• INPUT DATA
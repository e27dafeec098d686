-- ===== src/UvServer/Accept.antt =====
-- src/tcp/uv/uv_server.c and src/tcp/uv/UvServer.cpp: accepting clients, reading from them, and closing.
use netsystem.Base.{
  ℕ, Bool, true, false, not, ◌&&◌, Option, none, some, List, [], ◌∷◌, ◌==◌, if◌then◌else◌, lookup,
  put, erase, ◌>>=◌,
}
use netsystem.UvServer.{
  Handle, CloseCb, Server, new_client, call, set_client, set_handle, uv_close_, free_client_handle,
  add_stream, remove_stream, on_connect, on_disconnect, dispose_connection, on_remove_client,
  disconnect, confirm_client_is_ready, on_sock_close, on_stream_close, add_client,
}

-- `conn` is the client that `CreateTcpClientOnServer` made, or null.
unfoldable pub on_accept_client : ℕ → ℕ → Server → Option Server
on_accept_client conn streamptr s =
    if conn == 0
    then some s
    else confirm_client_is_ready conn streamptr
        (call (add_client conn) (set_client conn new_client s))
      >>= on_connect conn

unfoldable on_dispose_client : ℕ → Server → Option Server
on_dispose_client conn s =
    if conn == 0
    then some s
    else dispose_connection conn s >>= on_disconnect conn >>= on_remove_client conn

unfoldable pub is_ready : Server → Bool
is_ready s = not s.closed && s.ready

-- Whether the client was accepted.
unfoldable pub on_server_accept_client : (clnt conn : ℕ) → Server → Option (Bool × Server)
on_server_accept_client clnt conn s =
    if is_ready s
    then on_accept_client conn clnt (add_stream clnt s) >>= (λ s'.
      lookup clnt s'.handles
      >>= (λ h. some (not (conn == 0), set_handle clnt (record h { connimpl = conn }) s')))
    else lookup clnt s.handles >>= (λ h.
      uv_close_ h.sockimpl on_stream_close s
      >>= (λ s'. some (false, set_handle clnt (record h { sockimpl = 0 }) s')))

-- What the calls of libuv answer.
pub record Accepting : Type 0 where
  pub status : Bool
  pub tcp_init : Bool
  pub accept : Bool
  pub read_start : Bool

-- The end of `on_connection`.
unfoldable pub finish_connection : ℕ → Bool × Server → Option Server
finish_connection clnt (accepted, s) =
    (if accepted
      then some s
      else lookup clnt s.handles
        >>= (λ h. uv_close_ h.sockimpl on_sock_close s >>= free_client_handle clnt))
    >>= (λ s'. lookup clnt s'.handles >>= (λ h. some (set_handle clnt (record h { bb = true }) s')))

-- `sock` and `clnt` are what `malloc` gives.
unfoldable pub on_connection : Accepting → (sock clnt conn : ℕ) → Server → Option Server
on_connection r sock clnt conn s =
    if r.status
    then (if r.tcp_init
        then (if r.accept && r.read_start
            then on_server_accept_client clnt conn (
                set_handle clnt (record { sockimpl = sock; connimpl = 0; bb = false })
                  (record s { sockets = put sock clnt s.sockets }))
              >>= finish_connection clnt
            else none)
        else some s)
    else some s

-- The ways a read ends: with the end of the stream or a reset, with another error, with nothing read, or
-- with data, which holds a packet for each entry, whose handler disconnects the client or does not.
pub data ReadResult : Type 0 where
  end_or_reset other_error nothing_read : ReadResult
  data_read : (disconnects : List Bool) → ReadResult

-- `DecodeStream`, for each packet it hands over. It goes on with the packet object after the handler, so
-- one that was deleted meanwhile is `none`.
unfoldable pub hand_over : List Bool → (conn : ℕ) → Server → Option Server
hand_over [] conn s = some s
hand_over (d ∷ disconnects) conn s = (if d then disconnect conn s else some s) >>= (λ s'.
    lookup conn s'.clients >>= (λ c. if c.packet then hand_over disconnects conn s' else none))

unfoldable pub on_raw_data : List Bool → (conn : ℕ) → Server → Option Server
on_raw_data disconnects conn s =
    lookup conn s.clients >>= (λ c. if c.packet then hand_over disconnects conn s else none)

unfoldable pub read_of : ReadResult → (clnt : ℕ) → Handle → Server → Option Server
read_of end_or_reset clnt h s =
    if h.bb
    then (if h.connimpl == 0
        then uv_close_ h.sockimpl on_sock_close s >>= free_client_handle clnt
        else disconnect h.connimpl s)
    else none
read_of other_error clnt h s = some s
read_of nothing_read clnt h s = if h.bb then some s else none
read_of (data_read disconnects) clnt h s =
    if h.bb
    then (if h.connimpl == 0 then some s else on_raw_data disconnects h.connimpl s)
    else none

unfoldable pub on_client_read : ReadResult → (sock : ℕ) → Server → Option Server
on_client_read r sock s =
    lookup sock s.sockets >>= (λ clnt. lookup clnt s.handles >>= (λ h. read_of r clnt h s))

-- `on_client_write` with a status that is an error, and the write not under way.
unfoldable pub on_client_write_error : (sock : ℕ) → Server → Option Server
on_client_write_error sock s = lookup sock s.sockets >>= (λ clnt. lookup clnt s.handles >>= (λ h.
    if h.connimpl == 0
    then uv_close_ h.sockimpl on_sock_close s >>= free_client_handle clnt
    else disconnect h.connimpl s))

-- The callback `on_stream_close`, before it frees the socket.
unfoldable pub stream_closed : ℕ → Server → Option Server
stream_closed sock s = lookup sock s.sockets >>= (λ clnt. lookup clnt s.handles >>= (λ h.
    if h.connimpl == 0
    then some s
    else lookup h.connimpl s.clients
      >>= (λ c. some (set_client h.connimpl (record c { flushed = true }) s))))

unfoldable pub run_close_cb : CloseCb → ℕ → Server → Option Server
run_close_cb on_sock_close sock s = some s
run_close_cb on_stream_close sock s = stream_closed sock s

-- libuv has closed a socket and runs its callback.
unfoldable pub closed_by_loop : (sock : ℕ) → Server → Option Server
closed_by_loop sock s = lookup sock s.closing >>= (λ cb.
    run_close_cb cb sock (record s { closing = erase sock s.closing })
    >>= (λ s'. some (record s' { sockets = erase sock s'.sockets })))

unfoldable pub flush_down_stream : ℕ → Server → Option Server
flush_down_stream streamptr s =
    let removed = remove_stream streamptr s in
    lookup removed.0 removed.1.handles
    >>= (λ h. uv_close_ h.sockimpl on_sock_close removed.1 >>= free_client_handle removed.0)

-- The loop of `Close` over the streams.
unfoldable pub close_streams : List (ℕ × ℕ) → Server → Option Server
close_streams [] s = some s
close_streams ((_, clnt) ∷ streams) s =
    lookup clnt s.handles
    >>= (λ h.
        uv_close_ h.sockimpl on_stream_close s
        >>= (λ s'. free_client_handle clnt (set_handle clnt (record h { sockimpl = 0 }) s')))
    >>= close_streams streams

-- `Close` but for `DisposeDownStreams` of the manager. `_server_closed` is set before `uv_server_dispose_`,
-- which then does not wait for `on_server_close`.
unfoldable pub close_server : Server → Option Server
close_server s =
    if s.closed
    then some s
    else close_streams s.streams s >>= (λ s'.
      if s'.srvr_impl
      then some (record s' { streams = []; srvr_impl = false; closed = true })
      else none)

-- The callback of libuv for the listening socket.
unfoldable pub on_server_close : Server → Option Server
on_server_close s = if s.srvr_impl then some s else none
* * *
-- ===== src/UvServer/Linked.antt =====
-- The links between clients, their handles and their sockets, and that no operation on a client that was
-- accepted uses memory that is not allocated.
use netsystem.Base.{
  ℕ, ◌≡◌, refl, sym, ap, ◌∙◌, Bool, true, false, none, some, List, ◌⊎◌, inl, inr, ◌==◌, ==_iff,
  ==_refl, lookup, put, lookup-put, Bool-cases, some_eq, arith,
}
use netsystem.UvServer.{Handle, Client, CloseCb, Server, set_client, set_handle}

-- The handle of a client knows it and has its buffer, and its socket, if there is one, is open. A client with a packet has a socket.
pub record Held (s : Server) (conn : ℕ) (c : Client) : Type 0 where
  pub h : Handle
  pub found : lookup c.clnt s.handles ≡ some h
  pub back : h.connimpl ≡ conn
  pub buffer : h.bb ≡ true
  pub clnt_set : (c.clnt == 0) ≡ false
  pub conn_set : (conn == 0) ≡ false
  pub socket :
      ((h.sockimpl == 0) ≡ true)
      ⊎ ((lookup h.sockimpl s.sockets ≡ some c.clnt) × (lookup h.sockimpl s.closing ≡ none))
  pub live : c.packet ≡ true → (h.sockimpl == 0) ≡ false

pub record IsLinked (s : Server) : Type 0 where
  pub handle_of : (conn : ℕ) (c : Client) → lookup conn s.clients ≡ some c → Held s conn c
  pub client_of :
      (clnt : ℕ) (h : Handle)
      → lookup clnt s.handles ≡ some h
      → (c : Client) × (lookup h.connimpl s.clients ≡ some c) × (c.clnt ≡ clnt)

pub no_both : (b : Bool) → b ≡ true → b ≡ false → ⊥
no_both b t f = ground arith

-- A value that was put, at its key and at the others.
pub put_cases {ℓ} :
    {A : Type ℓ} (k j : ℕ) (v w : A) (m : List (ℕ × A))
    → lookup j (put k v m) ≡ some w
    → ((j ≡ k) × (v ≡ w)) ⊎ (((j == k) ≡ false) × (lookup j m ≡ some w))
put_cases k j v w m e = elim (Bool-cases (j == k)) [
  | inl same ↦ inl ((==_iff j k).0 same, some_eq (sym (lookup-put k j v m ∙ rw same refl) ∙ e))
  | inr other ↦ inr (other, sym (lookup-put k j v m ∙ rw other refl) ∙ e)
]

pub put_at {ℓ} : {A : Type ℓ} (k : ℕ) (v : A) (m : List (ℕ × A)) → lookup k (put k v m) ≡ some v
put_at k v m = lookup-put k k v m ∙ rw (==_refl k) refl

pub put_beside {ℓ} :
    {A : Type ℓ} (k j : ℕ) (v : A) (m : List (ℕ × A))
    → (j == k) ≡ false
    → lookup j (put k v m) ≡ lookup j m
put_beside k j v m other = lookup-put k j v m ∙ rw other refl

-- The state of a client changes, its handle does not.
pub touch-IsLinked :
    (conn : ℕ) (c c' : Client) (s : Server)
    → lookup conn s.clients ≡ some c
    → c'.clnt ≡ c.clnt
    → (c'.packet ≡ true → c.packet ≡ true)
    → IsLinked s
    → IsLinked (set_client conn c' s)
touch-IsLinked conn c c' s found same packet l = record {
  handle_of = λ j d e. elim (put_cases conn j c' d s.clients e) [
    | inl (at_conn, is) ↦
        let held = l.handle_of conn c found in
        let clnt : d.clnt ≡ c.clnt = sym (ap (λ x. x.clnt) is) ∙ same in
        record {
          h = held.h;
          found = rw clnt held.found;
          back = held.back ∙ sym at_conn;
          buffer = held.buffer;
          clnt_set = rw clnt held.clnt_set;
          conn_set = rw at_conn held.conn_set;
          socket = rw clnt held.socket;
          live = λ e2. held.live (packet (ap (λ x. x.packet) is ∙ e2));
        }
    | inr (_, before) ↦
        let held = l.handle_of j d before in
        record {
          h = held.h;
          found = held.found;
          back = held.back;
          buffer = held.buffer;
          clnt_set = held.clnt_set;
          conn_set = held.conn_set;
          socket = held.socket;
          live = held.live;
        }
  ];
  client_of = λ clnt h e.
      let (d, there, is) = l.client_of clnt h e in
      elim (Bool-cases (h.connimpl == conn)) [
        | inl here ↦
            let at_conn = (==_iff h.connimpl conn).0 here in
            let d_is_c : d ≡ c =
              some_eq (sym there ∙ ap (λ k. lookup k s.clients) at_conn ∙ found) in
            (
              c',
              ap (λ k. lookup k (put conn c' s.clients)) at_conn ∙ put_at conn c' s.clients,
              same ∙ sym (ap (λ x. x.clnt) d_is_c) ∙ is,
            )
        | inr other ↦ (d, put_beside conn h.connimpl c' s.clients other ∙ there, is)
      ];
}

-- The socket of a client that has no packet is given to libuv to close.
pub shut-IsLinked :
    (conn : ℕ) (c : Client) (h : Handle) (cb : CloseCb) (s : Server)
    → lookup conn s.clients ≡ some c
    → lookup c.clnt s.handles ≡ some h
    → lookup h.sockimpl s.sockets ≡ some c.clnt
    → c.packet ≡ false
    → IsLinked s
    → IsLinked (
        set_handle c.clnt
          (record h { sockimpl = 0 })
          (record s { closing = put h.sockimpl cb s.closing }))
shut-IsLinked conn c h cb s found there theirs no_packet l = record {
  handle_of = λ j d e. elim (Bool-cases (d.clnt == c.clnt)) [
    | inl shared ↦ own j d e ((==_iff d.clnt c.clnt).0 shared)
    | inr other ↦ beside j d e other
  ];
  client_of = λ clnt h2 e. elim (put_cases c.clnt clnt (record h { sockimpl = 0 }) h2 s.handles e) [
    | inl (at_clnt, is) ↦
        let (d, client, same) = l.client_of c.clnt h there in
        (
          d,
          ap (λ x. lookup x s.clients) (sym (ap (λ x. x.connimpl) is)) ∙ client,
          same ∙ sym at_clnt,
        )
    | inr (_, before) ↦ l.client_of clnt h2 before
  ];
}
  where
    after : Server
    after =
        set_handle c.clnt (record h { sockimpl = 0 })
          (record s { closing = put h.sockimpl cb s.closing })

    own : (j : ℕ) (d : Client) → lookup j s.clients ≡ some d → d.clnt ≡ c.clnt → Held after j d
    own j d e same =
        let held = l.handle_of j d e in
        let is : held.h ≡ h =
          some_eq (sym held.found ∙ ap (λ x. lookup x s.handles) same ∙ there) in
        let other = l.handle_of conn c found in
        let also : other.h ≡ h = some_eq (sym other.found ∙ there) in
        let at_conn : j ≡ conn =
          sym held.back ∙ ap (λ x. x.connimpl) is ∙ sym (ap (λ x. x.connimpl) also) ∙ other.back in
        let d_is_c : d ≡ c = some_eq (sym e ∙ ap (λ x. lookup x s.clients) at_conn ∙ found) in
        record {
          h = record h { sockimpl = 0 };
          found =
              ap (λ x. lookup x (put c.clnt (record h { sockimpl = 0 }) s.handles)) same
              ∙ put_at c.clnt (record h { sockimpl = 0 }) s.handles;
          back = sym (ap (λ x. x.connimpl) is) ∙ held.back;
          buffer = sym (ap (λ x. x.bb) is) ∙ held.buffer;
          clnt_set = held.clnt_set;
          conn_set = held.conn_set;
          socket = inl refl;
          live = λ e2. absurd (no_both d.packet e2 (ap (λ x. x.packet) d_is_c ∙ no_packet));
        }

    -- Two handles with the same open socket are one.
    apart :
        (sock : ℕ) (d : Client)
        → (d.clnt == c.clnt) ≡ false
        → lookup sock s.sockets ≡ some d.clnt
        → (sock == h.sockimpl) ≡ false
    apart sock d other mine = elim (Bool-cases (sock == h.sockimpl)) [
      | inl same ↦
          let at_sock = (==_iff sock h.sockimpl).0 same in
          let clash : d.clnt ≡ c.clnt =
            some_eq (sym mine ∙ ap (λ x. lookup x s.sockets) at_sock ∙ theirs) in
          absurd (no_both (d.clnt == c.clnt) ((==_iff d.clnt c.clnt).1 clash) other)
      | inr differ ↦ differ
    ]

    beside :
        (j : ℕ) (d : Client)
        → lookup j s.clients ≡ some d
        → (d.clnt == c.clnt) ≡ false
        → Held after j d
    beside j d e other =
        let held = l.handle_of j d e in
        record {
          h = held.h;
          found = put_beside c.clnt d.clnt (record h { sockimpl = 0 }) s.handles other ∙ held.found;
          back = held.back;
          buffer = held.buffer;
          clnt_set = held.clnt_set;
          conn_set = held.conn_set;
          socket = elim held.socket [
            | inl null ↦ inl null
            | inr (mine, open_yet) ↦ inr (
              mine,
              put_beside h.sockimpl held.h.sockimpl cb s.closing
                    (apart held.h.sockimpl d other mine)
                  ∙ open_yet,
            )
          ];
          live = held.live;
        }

• YOUR GOAL
Go back to the listing above. Copy word for word the lines from the one with "on_connection r sock" through the one with "sockimpl = sock;", and nothing more.

• THE ANSWER
on_connection r sock clnt conn s =
    if r.status
    then (if r.tcp_init
        then (if r.accept && r.read_start
            then on_server_accept_client clnt conn (
                set_handle clnt (record { sockimpl = sock; connimpl = 0; bb = false })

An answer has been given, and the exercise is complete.